Step 3: Layer commercial filters
Now the search becomes strategic. Filter by:
- in stock or availability
- currency
- final price
- sale discount
- merchant or network
- commissionable status, when relevant to execution
This turns a simple product lookup into an operational decision tool. You are no longer asking, “Where is this product?” You are asking, “Which approved merchant has the best presentable offer for this audience, in this market, right now?”
A concrete example
Say your team has a merchant Barcode for a bestselling espresso machine from one retailer. You search by Barcode and confirm the listing is live, in stock, and priced below $399 in USD. Good start.

Next, you extract the barcode from that result and run a second search across the broader catalog. Now you find the same machine sold by several merchants, one at $299.95, another at $249.96 with a deeper sale discount, and another in EUR for a regional page. Because the product data is normalized, you are comparing the same item rather than a close cousin with a slightly different title. Because deduplication can be turned on or off, you can either show one clean product entry or expose every merchant offer for a comparison experience.
That distinction matters. Without normalization and deduplication control, “best offer” pages drift into noise. With them, they become credible.

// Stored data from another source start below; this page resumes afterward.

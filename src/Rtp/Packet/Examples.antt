-- ===== src/Rtp/Packet/Examples.antt =====
-- Runs of `RtpPacket`, and its theorems at concrete packets.
use cpp_meet.Common.{◌≡◌, ◌↔◌, refl, true, false, some, [], ◌∷◌, arith}
use cpp_meet.Wire.{Bytes, read_u16, u16_bytes, u32_bytes}
use cpp_meet.Rtp.Packet.{RtpPacket, default, parse, build, fixed_header, built_body, seq_gt}
use cpp_meet.Rtp.Packet.Parse.{IsRtp, parse_iff}
use cpp_meet.Rtp.Packet.Build.{Carries, parse-build}

abbrev two_bytes : Bytes
two_bytes = 7 ∷ 9 ∷ []

abbrev marked : RtpPacket
marked = build default 96 65535 5 0xFEC00000 (some two_bytes) 2 true

-- Version 2, one contributing source, an extension of one word, one byte of payload.
abbrev with_extension : Bytes
with_extension =
    0x91 ∷ 0x60 ∷ 0 ∷ 1 ∷ 0 ∷ 0 ∷ 0 ∷ 2 ∷ 0 ∷ 0 ∷ 0 ∷ 3 ∷ 9 ∷ 9 ∷ 9 ∷ 9 ∷ 0 ∷ 0 ∷ 0 ∷ 1 ∷ 8 ∷ 8 ∷ 8
    ∷ 8 ∷ 7 ∷ []

abbrev past_extension : RtpPacket
past_extension = record { buf = with_extension; payload_offset = 24 }

marked_bytes :
    marked.buf ≡ 0x80 ∷ 0xE0 ∷ 255 ∷ 255 ∷ 0 ∷ 0 ∷ 0 ∷ 5 ∷ 0xFE ∷ 0xC0 ∷ 0 ∷ 0 ∷ 7 ∷ 9 ∷ []
unfolding build fixed_header built_body u16_bytes u32_bytes
marked_bytes = refl

extension_skipped : parse default with_extension ≡ (true, past_extension)
unfolding parse read_u16
extension_skipped = refl

-- With the last byte of the extension cut off, `parse` refuses.
extension_cut :
    (parse default (0x90 ∷ 0x60 ∷ 0 ∷ 1 ∷ 0 ∷ 0 ∷ 0 ∷ 2 ∷ 0 ∷ 0 ∷ 0 ∷ 3 ∷ 0 ∷ 0 ∷ 0 ∷ 1 ∷ 8 ∷ [])).0
    ≡ false
unfolding parse read_u16
extension_cut = refl

seq_gt_wraps : seq_gt 3 65533 ≡ true
unfolding seq_gt
seq_gt_wraps = refl

parse_iff_example : ((parse default with_extension).0 ≡ true) ↔ IsRtp with_extension
parse_iff_example = parse_iff default with_extension (omega arith)

parse-build_example :
    Carries marked 96 65535 5 0xFEC00000 true two_bytes
    × (parse default marked.buf ≡ (true, marked))
parse-build_example =
    parse-build default default 96 65535 5 0xFEC00000 true two_bytes (omega arith) (omega arith)
      (omega arith) (omega arith)
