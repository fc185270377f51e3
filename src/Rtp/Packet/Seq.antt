-- ===== src/Rtp/Packet/Seq.antt =====
-- Sequence number comparison with wrap-around (RFC 3550 A.1).
use cpp_meet.Common.{ℕ, ◌+◌, ◌%◌, ◌^◌, ◌<◌, ◌≡◌, ◌≢◌, ◌⊎◌, true, false, ◌&&◌, ltb, arith}
use cpp_meet.Rtp.Packet.{seq_gt}

-- Of two 16-bit numbers, the one that is `d` steps ahead of `b`, round the end if need be, is newer
-- exactly when `d` is at least 1 and below 2 ^ 15.
pub seq_gt_ahead :
    (b d : ℕ) → b < 2 ^ 16 → d < 2 ^ 16 → seq_gt ((b + d) % 2 ^ 16) b ≡ (ltb 0 d && ltb d (2 ^ 15))
unfolding seq_gt
seq_gt_ahead b d hb hd = ground arith

-- Of two different 16-bit numbers that are not 2 ^ 15 apart exactly one is newer than the other.
pub seq_gt_total :
    (a b : ℕ)
    → a < 2 ^ 16
    → b < 2 ^ 16
    → a ≢ b
    → (a + 2 ^ 15) % 2 ^ 16 ≢ b
    → ((seq_gt a b ≡ true) × (seq_gt b a ≡ false)) ⊎ ((seq_gt a b ≡ false) × (seq_gt b a ≡ true))
unfolding seq_gt
seq_gt_total a b ha hb h k = ground arith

What advanced affiliate teams should check before publishing
Use SKU for control, not for certainty across merchants
SKU is a precise merchant key. Treat it as a reliable pointer to one listing, not as proof that two merchants sell the same thing.
Validate with multiple fields
For product matching and offer selection, combine identifiers with:
- brand
- barcode or MPN
- final price and discount
- availability
- merchant filters
- currency filters for regional integrity
Choose deduplication based on the page type
Turn deduplication on for clean discovery pages. Turn it off for comparison modules, merchant choice blocks, and offer level analysis. Affiliate.com supports both modes, which is critical when one team is serving editorial discovery and another is building commerce tooling.
Where to go next
If your workflow starts with merchant supplied SKUs, the fastest move is to test the sequence in Affiliate.com’s Query Builder first, then operationalize it in the API. Start with SKU. Confirm the merchant listing. Promote to barcode or MPN for cross merchant matching. Then layer price, discount, stock, and merchant filters until the result set reflects the decision you actually need to make.
That is the practical advantage of a real SKU Search API inside a normalized product system: not just finding a listing, but turning one identifier into a cleaner comparison, a better merchant mix, and a more trustworthy shopping experience.